Van Buren ran the number through the Georgia Criminal Information Center database and told Albo he had some information for him.
The next day, agents of the Georgia Bureau of Investigation and FBI showed up at Van Buren's doors, and he admitted having run the number for Albo.
In 2016, a federal grand jury indicted Van Buren on one count of honest-services wire fraud and one count of felony computer fraud. District Judge Orinda Evans sentenced him to two 18-month terms, to be served concurrently, and another two years on probation upon release.
Van Buren appealed both convictions, and in October an Eleventh Circuit panel agreed that the trial judge issued flawed jury instructions regarding the honest-services charge, and ordered that he be granted a new trial on that count.

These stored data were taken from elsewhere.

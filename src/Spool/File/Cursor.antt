-- ===== src/Spool/File/Cursor.antt =====
-- Reading a `FileSpool` of logjetd/src/spool.rs: the replay cursor and the sequence bounds.
use logjet.Base.{
  ℕ, ◌⊎◌, inl, inr, List, [], ◌∷◌, Option, none, some, ltb, leb, if◌then◌else◌, max, Result, ok,
  err, map_ok, ◌>>=◌,
}
use logjet.Base.Exec.{Exec}
use logjet.Codec.{Libraries}
use logjet.Record.{OwnedRecord}
use logjet.Protocol.Frame.{WireRecord}
use logjet.Spool.File.Records.{SpoolError, reader_of, while_records}
use logjet.Spool.File.State.{SegmentFile, FileSpool, segments_of}

pub record FileReplayCursor : Type 0 where
  pub next_segment_id_hint : ℕ
  pub last_seq : ℕ

unfoldable pub replay_cursor_after : ℕ → FileReplayCursor
replay_cursor_after last_seq = record { next_segment_id_hint = 0; last_seq = last_seq }

abbrev pub to_wire : OwnedRecord → WireRecord
to_wire r = record {
  record_type = r.record_type;
  seq = r.seq;
  ts_unix_ns = r.ts_unix_ns;
  payload = r.payload;
}

-- Records up to the floor are passed over.
abbrev pub newer_than : ℕ → Unit {0} → OwnedRecord → Unit {0} ⊎ OwnedRecord
newer_than floor_seq done r = if leb r.seq floor_seq then inl tt else inr r

abbrev pub CursorExec : Type 0
CursorExec = Exec FileReplayCursor SpoolError (Option WireRecord)

abbrev pub found :
    SegmentFile → CursorExec → Result SpoolError (Unit {0} ⊎ OwnedRecord) → CursorExec
found f go_on (err e) c = (err e, c)
found f go_on (ok (inl _)) c = go_on (record c { next_segment_id_hint = f.id })
found f go_on (ok (inr r)) c =
    (ok (some (to_wire r)), record { next_segment_id_hint = f.id; last_seq = r.seq })

abbrev pub Bounds : Type 0
Bounds = Option ℕ × Option ℕ

abbrev pub or_seq : Option ℕ → ℕ → Option ℕ
or_seq none seq = some seq
or_seq (some first) seq = some first

abbrev pub widen : ℕ → Bounds → OwnedRecord → Bounds ⊎ Bounds
widen consumed bounds r =
    if leb r.seq consumed then inl bounds else inl (or_seq bounds.0 r.seq, some r.seq)

abbrev pub either : Bounds ⊎ Bounds → Bounds
either (inl b) = b
either (inr b) = b

abbrev pub both_of : Bounds → Option (ℕ × ℕ)
both_of (some first_seq, some last_seq) = some (first_seq, last_seq)
both_of _ = none

module _ (lib : Libraries) (rounds : ℕ) where
  -- The search through the segments; `floor_seq` was read before it.
  unfoldable pub search : ℕ → List SegmentFile → CursorExec
  search floor_seq [] c = (ok none, c)
  search floor_seq (f ∷ fs) c =
      let on = search floor_seq fs in
      if ltb f.id c.next_segment_id_hint
      then on c
      else found f on (while_records (newer_than floor_seq) lib rounds tt (reader_of f.bytes)) c

  unfoldable pub next_for_cursor : FileSpool → CursorExec
  next_for_cursor s c = search (max c.last_seq s.consumed_through_seq) (segments_of s) c

  unfoldable pub bounds_of : ℕ → List SegmentFile → Bounds → Result SpoolError Bounds
  bounds_of consumed [] bounds = ok bounds
  bounds_of consumed (f ∷ fs) bounds =
      map_ok either (while_records (widen consumed) lib rounds bounds (reader_of f.bytes))
      >>= bounds_of consumed fs

  unfoldable pub sequence_bounds : FileSpool → Result SpoolError (Option (ℕ × ℕ))
  sequence_bounds s = map_ok both_of (bounds_of s.consumed_through_seq (segments_of s) (none, none))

He also challenged the computer fraud statute, arguing that "he was innocent because 'he accessed only databases that he was authorized to use,' albeit for inappropriate reasons."
Eleventh Circuit Judge Robin Rosenbaum, writing for a panel that included Judge Beverly Martin and Sixth Circuit Judge Danny Boggs, rejected that argument.

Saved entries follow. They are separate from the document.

-- ===== src/Spool/File/Rotating.antt =====
-- `rotate` of `FileSpool` (logjetd/src/spool.rs) where no call fails: the open segment joins the older
-- ones.
use logjet.Base.{
  ℕ, suc, ◌+◌, ◌<◌, ◌^◌, ◌≡◌, refl, sym, ap, ap₂, ◌∙◌, subst, List, [], ◌∷◌, ◌++◌, some, length, ok,
  arith, ◌==◌, ◌||◌, leb, checked_add-fits,
}
use logjet.Record.{OwnedRecord}
use logjet.Codec.{Codec, Libraries}
use logjet.Writer.{is_empty, LogjetWriter, with_config}
use logjet.Reader.State.{default_config}
use logjet.Log.File.{records_of}
use logjet.Log.Layout.{file_bytes}
use logjet.Log.Flushing.{IsFitting}
use logjet.Spool.File.Buffered.{BufFile, tick, close, set_len, flush_buf, call, new_file}
use logjet.Spool.File.State.{
  SegmentFile, FileSpool, segments_of, named, writer_config, with_new_segment, next_id, on_file,
  start_segment, advance_id, set_inner,
}
use logjet.Spool.File.Operations.{total_len, rotate, enforce_retention}
use logjet.Spool.File.Sink.{quiet}
use logjet.Spool.File.Holds.{IsNumbered, config_of, HoldsFile, HoldEach, Holds, IsOnDisk}
use logjet.Spool.File.Flushing.{
  with_len-same, Holds-writer, refresh_active_size-current, flushed-IsOnDisk, IsOnDisk-Takes,
  Holds-size, IsOnDisk-tick,
}

module _ (lib : Libraries) (codec : Codec) (alignment capacity rounds : ℕ)
    (fitting : IsFitting lib (config_of codec alignment) default_config) where
  abbrev H : ℕ → ℕ → List (List OwnedRecord) → List OwnedRecord → FileSpool → Type 0
  H seq ts olds now s = Holds lib codec alignment capacity fitting seq ts olds now s

  abbrev Settled : List OwnedRecord → LogjetWriter BufFile → Type 0
  Settled now w = IsOnDisk lib codec alignment capacity fitting now w

  pub HoldEach-snoc :
      (fs : List SegmentFile) (rss : List (List OwnedRecord)) (f : SegmentFile)
      (rs : List OwnedRecord)
      → HoldEach lib codec alignment fs rss
      → HoldsFile lib codec alignment f.bytes rs
      → HoldEach lib codec alignment (fs ++ (f ∷ [])) (rss ++ (rs ∷ []))
  HoldEach-snoc [] [] f rs h hf = (hf, tt)
  HoldEach-snoc [] (xs ∷ rss) f rs h hf = absurd h
  HoldEach-snoc (g ∷ fs) [] f rs h hf = absurd h
  HoldEach-snoc (g ∷ fs) (xs ∷ rss) f rs (hg, h) hf = (hg, HoldEach-snoc fs rss f rs h hf)

  pub IsNumbered-snoc :
      (low id : ℕ) (fs : List SegmentFile) (bytes : List ℕ)
      → IsNumbered low id fs
      → IsNumbered low (suc id) (fs ++ (record { id = id; bytes = bytes } ∷ []))
  IsNumbered-snoc low id [] bytes h = (h, omega arith)
  IsNumbered-snoc low id (f ∷ fs) bytes (hf, h) = (hf, IsNumbered-snoc (suc f.id) id fs bytes h)

  close-written : (f : BufFile) → f.buffer ≡ [] → close quiet f ≡ f
  unfolding close flush_buf
  close-written f e = rw (ap is_empty e, close, flush_buf) refl

  config_is :
      (s : FileSpool)
      → s.codec ≡ codec
      → s.block_alignment ≡ alignment
      → writer_config s ≡ config_of codec alignment
  config_is s e e' = ap₂ config_of e e'

  pub empty-IsOnDisk :
      (calls : ℕ) → Settled [] (with_config (new_file calls) (config_of codec alignment))
  unfolding with_config file_bytes records_of
  empty-IsOnDisk calls = record {
    idle = refl;
    buffer = refl;
    file = record {
      blocks = [];
      stored = refl;
      filled = tt;
      records_are = refl;
      topped = record { below = λ m e. tt };
    };
  }

  -- A segment whose records are on disk gives way to an empty one with the next number.
  pub start_segment-Holds :
      (seq ts : ℕ) (olds : List (List OwnedRecord)) (now : List OwnedRecord) (s : FileSpool)
      → H seq ts olds now s
      → Settled now s.active_writer
      → s.active_segment_id + 1 < 2 ^ 64
      → (s₁ : FileSpool) × (s' : FileSpool) × (advance_id quiet s ≡ (ok tt, s₁))
        × (start_segment quiet s₁ ≡ (ok tt, s'))
        × H seq ts (olds ++ (now ∷ [])) [] s'
        × Settled [] s'.active_writer
        × (s'.consumed_through_seq ≡ s.consumed_through_seq)
        × (s'.active_segment_id ≡ s.active_segment_id + 1)
        × (s'.older
            ≡ s.older
              ++ (record { id = s.active_segment_id; bytes = s.active_writer.inner.bytes } ∷ []))
  unfolding advance_id next_id start_segment on_file call
  start_segment-Holds seq ts olds now s h d fits =
      let ticked = tick quiet s.active_writer.inner in
      let s₁ : FileSpool = record s { active_segment_id = s.active_segment_id + 1 } in
      let s' = with_new_segment quiet (set_inner s₁ ticked) in
      let file : SegmentFile = record {
        id = s.active_segment_id;
        bytes = s.active_writer.inner.bytes;
      } in
      let older : s'.older ≡ s.older ++ (file ∷ []) =
        ap (λ o. s.older ++ named o (close quiet ticked).bytes) h.current
        ∙ ap (λ (g : BufFile). s.older ++ named (some s.active_segment_id) g.bytes)
            (close-written ticked d.buffer) in
      let settled : Settled [] s'.active_writer =
        subst (λ c. Settled [] (with_config (new_file (close quiet ticked).calls) c))
          (sym (config_is s h.codec_is h.alignment_is))
          (empty-IsOnDisk (close quiet ticked).calls) in
      (
        s₁,
        s',
        rw (checked_add-fits s.active_segment_id 1 fits) refl,
        refl,
        record {
          codec_is = h.codec_is;
          alignment_is = h.alignment_is;
          unlimited = h.unlimited;
          current = refl;
          older =
              subst (λ fs. HoldEach lib codec alignment fs (olds ++ (now ∷ []))) (sym older)
                (HoldEach-snoc s.older olds file now h.older d.file);
          numbered = subst (IsNumbered 0 (s.active_segment_id + 1)) (sym older) (
              subst (λ n. IsNumbered 0 n (s.older ++ (file ∷ []))) (add_one s.active_segment_id)
                (IsNumbered-snoc 0 s.active_segment_id s.older file.bytes h.numbered));
          taken =
              IsOnDisk-Takes lib codec alignment capacity rounds fitting seq ts [] s'.active_writer
                settled;
          below = tt;
          topped = record { below = λ m e. tt };
        },
        settled,
        refl,
        refl,
        older,
      )
    where
      add_one : (n : ℕ) → suc n ≡ n + 1
      add_one n = omega arith

  enforce_retention-unlimited :
      (s : FileSpool)
      → s.max_total_bytes ≡ 0
      → enforce_retention lib capacity quiet rounds s ≡ (ok tt, s)
  unfolding enforce_retention
  enforce_retention-unlimited s e =
      rw (ap (λ m. (m == 0) || leb (total_len (segments_of s)) m) e) refl

  set_len-same : (f : BufFile) → set_len quiet (length f.bytes) f ≡ tick quiet f
  unfolding set_len
  set_len-same f = ap (λ b. record (tick quiet f) { bytes = b }) (with_len-same f.bytes)

  -- `rotate` succeeds, and puts what the writer has taken into a file behind the others.
  pub rotate-Holds :
      (seq ts : ℕ) (olds : List (List OwnedRecord)) (now : List OwnedRecord) (s : FileSpool)
      → H seq ts olds now s
      → s.active_segment_id + 1 < 2 ^ 64
      → (s' : FileSpool) × (rotate lib capacity quiet rounds s ≡ (ok tt, s'))
        × H seq ts (olds ++ (now ∷ [])) [] s'
        × (s'.consumed_through_seq ≡ s.consumed_through_seq)
        × (s'.active_segment_id ≡ s.active_segment_id + 1)
  unfolding rotate
  rotate-Holds seq ts olds now s h fits =
      let (s₁, w, closed_eq, flushed, d) =
        flushed-IsOnDisk lib codec alignment capacity rounds fitting seq ts olds now s h in
      let n = length w.inner.bytes in
      let w₂ : LogjetWriter BufFile = record w { inner = tick quiet w.inner } in
      let d₂ = IsOnDisk-tick lib codec alignment capacity rounds fitting now w d in
      let h₁ =
        Holds-writer lib codec alignment capacity rounds fitting seq ts seq ts olds now now s w h
          (IsOnDisk-Takes lib codec alignment capacity rounds fitting seq ts now w d) h.below
          h.topped in
      let h₂ =
        Holds-writer lib codec alignment capacity rounds fitting seq ts seq ts olds now now s w₂ h
          (IsOnDisk-Takes lib codec alignment capacity rounds fitting seq ts now w₂ d₂) h.below
          h.topped in
      let s₂ : FileSpool = record s { active_writer = w₂; active_size_bytes = n } in
      let (s₃, s', advanced, started, h', d', consumed, id, older) =
        start_segment-Holds seq ts olds now s₂
          (Holds-size lib codec alignment capacity rounds fitting seq ts n olds now
            (record s { active_writer = w₂ }) h₂)
          d₂ fits in
      (
        s',
        rw
            (
              closed_eq,
              flushed,
              refresh_active_size-current lib codec alignment capacity rounds fitting seq ts olds
                  now (record s { active_writer = w }) h₁,
              set_len-same w.inner,
              advanced,
              started,
            )
            (enforce_retention-unlimited s' h'.unlimited),
        h',
        consumed,
        id,
      )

"We noted that the Computer-fraud statute defines 'exceeds authorized access,' as 'to access a computer with authorization and to use such access to obtain or alter information in the computer that the accesser is not entitled [so] to obtain or alter,'" she wrote. The officer violated the law when he obtained the information "for a nonbusiness reason."
"Van Buren points out that our sister circuits have criticized [prior circuit precedent] since it purportedly allows employers or other parties to legislate what counts as criminal behavior through their internal policies or their terms of use," Rosenbaum said.

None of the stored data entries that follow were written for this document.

-- ===== src/Spool/File/Appending.antt =====
-- `append` of `FileSpool` (logjetd/src/spool.rs) where no call fails: the spool holds one record more.
use logjet.Base.{
  ℕ, ◌+◌, ◌≤◌, ◌<◌, ◌^◌, ◌≡◌, refl, sym, ap, ◌∙◌, List, [], ◌∷◌, ◌++◌, append-nil, append_assoc,
  All, All-append, Option, none, some, length, ok, arith, Bool-cases, inl, inr, Bool,
}
use logjet.Record.{OwnedRecord}
use logjet.Codec.{Codec, Libraries}
use logjet.Writer.{push}
use logjet.Reader.State.{default_config}
use logjet.Log.Flushing.{IsFitting, IsSmall}
use logjet.Log.Pushing.{push-HasTaken}
use logjet.Spool.File.Buffered.{BufFile, write_all}
use logjet.Spool.File.State.{FileSpool, on_writer, refresh_active_size}
use logjet.Spool.File.Operations.{rotate_if, append, is_full, is_effectively_full, flush_pending}
use logjet.Spool.File.Cursor.{to_wire}
use logjet.Spool.File.Sink.{quiet, contents, file-IsSink}
use logjet.Spool.File.Holds.{
  last_seq, IsTopped, joined, config_of, default_config-IsConfig, Holds, IsOnDisk,
}
use logjet.Spool.File.Flushing.{
  Holds-writer, Holds-size, refresh_active_size-current, flush_pending-IsOnDisk,
}
use logjet.Spool.File.Rotating.{rotate-Holds}

pub joined-snoc :
    (olds : List (List OwnedRecord)) (rs : List OwnedRecord)
    → joined (olds ++ (rs ∷ [])) ≡ joined olds ++ rs
joined-snoc [] rs = append-nil rs
joined-snoc (xs ∷ olds) rs =
    ap (λ l. xs ++ l) (joined-snoc olds rs) ∙ sym (append_assoc xs (joined olds) rs)

last_seq-snoc :
    (before : Option ℕ) (rs : List OwnedRecord) (r : OwnedRecord)
    → last_seq before (rs ++ (r ∷ [])) ≡ some r.seq
last_seq-snoc before [] r = refl
last_seq-snoc before (x ∷ rs) r = last_seq-snoc (some x.seq) rs r

pub All-below :
    (m n : ℕ) (rs : List OwnedRecord) → m ≤ n → All (λ r. r.seq ≤ m) rs → All (λ r. r.seq ≤ n) rs
All-below m n [] h all = tt
All-below m n (r ∷ rs) h (hr, all) = (omega (arith, h, hr), All-below m n rs h all)

snoc_below :
    (m : ℕ) (rs : List OwnedRecord) (r : OwnedRecord)
    → m ≤ r.seq
    → All (λ x. x.seq ≤ m) rs
    → All (λ x. x.seq ≤ r.seq) (rs ++ (r ∷ []))
snoc_below m rs r h all =
    All-append (λ (x : OwnedRecord). x.seq ≤ r.seq) rs (r ∷ []) (All-below m r.seq rs h all)
      (omega arith, tt)

snoc-IsTopped :
    (m : ℕ) (rs : List OwnedRecord) (r : OwnedRecord)
    → m ≤ r.seq
    → All (λ x. x.seq ≤ m) rs
    → IsTopped (rs ++ (r ∷ []))
snoc-IsTopped m rs r h all = record {
  below = λ n e.
      All-below r.seq n (rs ++ (r ∷ []))
        (let same : some r.seq ≡ some n = sym (last_seq-snoc none rs r) ∙ e in ground arith)
        (snoc_below m rs r h all);
}

module _ (lib : Libraries) (codec : Codec) (alignment capacity rounds : ℕ)
    (fitting : IsFitting lib (config_of codec alignment) default_config) where
  -- The spool holds these records, older segments first.
  pub record Held (seq ts : ℕ) (records : List OwnedRecord) (s : FileSpool) : Type 0 where
    pub olds : List (List OwnedRecord)
    pub now : List OwnedRecord
    pub holds : Holds lib codec alignment capacity fitting seq ts olds now s
    pub records_are : joined olds ++ now ≡ records

  -- A step that keeps what has been consumed, with at most so many new segments.
  pub record Continues (more : ℕ) (s s' : FileSpool) : Type 0 where
    pub consumed : s'.consumed_through_seq ≡ s.consumed_through_seq
    pub id : s'.active_segment_id ≤ s.active_segment_id + more

  rotate_if-Held :
      (full : FileSpool → Bool) (seq ts : ℕ) (records : List OwnedRecord) (s : FileSpool)
      → Held seq ts records s
      → s.active_segment_id + 1 < 2 ^ 64
      → (s' : FileSpool) × (rotate_if lib capacity quiet rounds full s ≡ (ok tt, s'))
        × Held seq ts records s'
        × Continues 1 s s'
  rotate_if-Held full seq ts records s h fits = elim (Bool-cases (full s)) [
    | inl e ↦
        let (s', rotated, holds, consumed, id) =
          rotate-Holds lib codec alignment capacity rounds fitting seq ts h.olds h.now s h.holds
            fits in
        (
          s',
          rw e rotated,
          record {
            olds = h.olds ++ (h.now ∷ []);
            now = [];
            holds = holds;
            records_are =
                append-nil (joined (h.olds ++ (h.now ∷ [])))
                ∙ joined-snoc h.olds h.now
                ∙ h.records_are;
          },
          record { consumed = consumed; id = omega (arith, id) },
        )
    | inr e ↦ (s, rw e refl, h, record { consumed = refl; id = omega arith })
  ]

  -- The push and the measurement after it.
  pushed-Held :
      (seq ts : ℕ) (records : List OwnedRecord) (r : OwnedRecord) (s : FileSpool)
      → Held seq ts records s
      → IsSmall fitting.most r
      → seq ≤ r.seq
      → ts ≤ r.ts_unix_ns
      → (s₁ : FileSpool) × (s' : FileSpool) × (on_writer quiet
            (push lib (write_all quiet capacity) r.record_type r.seq r.ts_unix_ns r.payload)
            s
          ≡ (ok tt, s₁))
        × (refresh_active_size s₁ ≡ (ok tt, s'))
        × Held r.seq r.ts_unix_ns (records ++ (r ∷ [])) s'
        × Continues 0 s s'
  unfolding on_writer
  pushed-Held seq ts records r s h small hs ht =
      let (w, pushed, taken) =
        push-HasTaken lib BufFile (write_all quiet capacity) contents (file-IsSink capacity)
          (config_of codec alignment) default_config default_config-IsConfig fitting seq ts h.now r
          s.active_writer small hs ht h.holds.taken in
      let holds =
        Holds-writer lib codec alignment capacity rounds fitting seq ts r.seq r.ts_unix_ns h.olds
          h.now (h.now ++ (r ∷ [])) s w h.holds taken (snoc_below seq h.now r hs h.holds.below)
          (snoc-IsTopped seq h.now r hs h.holds.below) in
      let s₁ : FileSpool = record s { active_writer = w } in
      (
        s₁,
        record s₁ { active_size_bytes = length w.inner.bytes },
        rw pushed refl,
        refresh_active_size-current lib codec alignment capacity rounds fitting r.seq r.ts_unix_ns
            h.olds (h.now ++ (r ∷ [])) s₁ holds,
        record {
          olds = h.olds;
          now = h.now ++ (r ∷ []);
          holds =
              Holds-size lib codec alignment capacity rounds fitting r.seq r.ts_unix_ns
                (length w.inner.bytes) h.olds (h.now ++ (r ∷ [])) s₁ holds;
          records_are =
              sym (append_assoc (joined h.olds) h.now (r ∷ []))
              ∙ ap (λ l. l ++ (r ∷ [])) h.records_are;
        },
        record { consumed = refl; id = omega arith },
      )

  -- `append` succeeds, and the spool holds the record behind the others.
  pub append-Held :
      (seq ts : ℕ) (records : List OwnedRecord) (r : OwnedRecord) (s : FileSpool)
      → Held seq ts records s
      → IsSmall fitting.most r
      → seq ≤ r.seq
      → ts ≤ r.ts_unix_ns
      → s.active_segment_id + 2 < 2 ^ 64
      → (s' : FileSpool) × (append lib capacity quiet rounds (to_wire r) s ≡ (ok tt, s'))
        × Held r.seq r.ts_unix_ns (records ++ (r ∷ [])) s'
        × Continues 2 s s'
  unfolding append
  append-Held seq ts records r s h small hs ht fits =
      let (s₁, first, h₁, c₁) = rotate_if-Held is_full seq ts records s h (omega (arith, fits)) in
      let (s₂, s₃, pushed, measured, h₃, c₃) = pushed-Held seq ts records r s₁ h₁ small hs ht in
      let (s₄, second, h₄, c₄) =
        rotate_if-Held is_effectively_full r.seq r.ts_unix_ns (records ++ (r ∷ [])) s₃ h₃
          (omega (arith, fits, c₁.id, c₃.id)) in
      (
        s₄,
        rw (first, pushed, measured) second,
        h₄,
        record {
          consumed = c₄.consumed ∙ c₃.consumed ∙ c₁.consumed;
          id = omega (arith, c₁.id, c₃.id, c₄.id);
        },
      )

  -- `flush_pending` succeeds and keeps what the spool holds, all of it on disk.
  pub flush_pending-Held :
      (seq ts : ℕ) (records : List OwnedRecord) (s : FileSpool)
      → Held seq ts records s
      → (s' : FileSpool) × (h : Held seq ts records s') × (flush_pending lib capacity quiet rounds s
          ≡ (ok tt, s'))
        × IsOnDisk lib codec alignment capacity fitting h.now s'.active_writer
        × Continues 0 s s'
  flush_pending-Held seq ts records s h =
      let (s', flushed, holds, on_disk, consumed, id) =
        flush_pending-IsOnDisk lib codec alignment capacity rounds fitting seq ts h.olds h.now s
          h.holds in
      (
        s',
        record { olds = h.olds; now = h.now; holds = holds; records_are = h.records_are },
        flushed,
        on_disk,
        record { consumed = consumed; id = omega (arith, id) },
      )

She acknowledged that other circuits have warned that such an interpretation could leave open the possibility of someone facing criminal charges for chatting on Google, playing games or viewing Facebook at work.
"But under our prior-precedent rule, 'a prior panel's holding is binding on all subsequent panels unless and until it is overruled or undermined to the point of abrogation by the Supreme Court or by this court sitting en banc,'" Rosenbaum wrote.
In asking the Supreme Court to do just that, Van Buren's lawyers wrote that it is "critical that this court resolve the conflict over the scope of the CFAA."
"At its core, the question presented is whether the CFAA applies only to hacking and related activities or whether it extends to 'whole categories of otherwise innocuous behavior,'" they wrote.
"[M]ost everyone who uses a computer (which is to say, most everyone) regularly runs up against conditions on accessing information on the computer," their petition said.
"For example, many law schools provide students with access to the Westlaw legal database for educational use only. But a student might use that access for personal purposes—perhaps to look up local housing laws to negotiate rent or to demand a refund of a security deposit."
Every March, they said, "tens of millions of American workers participate in office pools for the NCAA men's basketball tournament ('March Madness'). Such pools typically involve money stakes. When these employees use their company computers to generate their brackets or to check their standing in the pools, they likely violate their employers' computer policies.
"Again, the answer to the question presented determines whether these employees are guilty of a felony," it said.
"The question whether such commonplace activities violate the CFAA should not be left unresolved," Van Buren's petition said. "It is intolerable for a broad swath of conduct to be entirely innocent in parts of the country but to constitute a federal crime in others."
Bolstering their petition were amicus briefs, one filed by The National Association of Criminal Defense Lawyers and another by the Electronic Frontier Foundation, Center for Democracy & Technology, and New America's Open Technology Institute.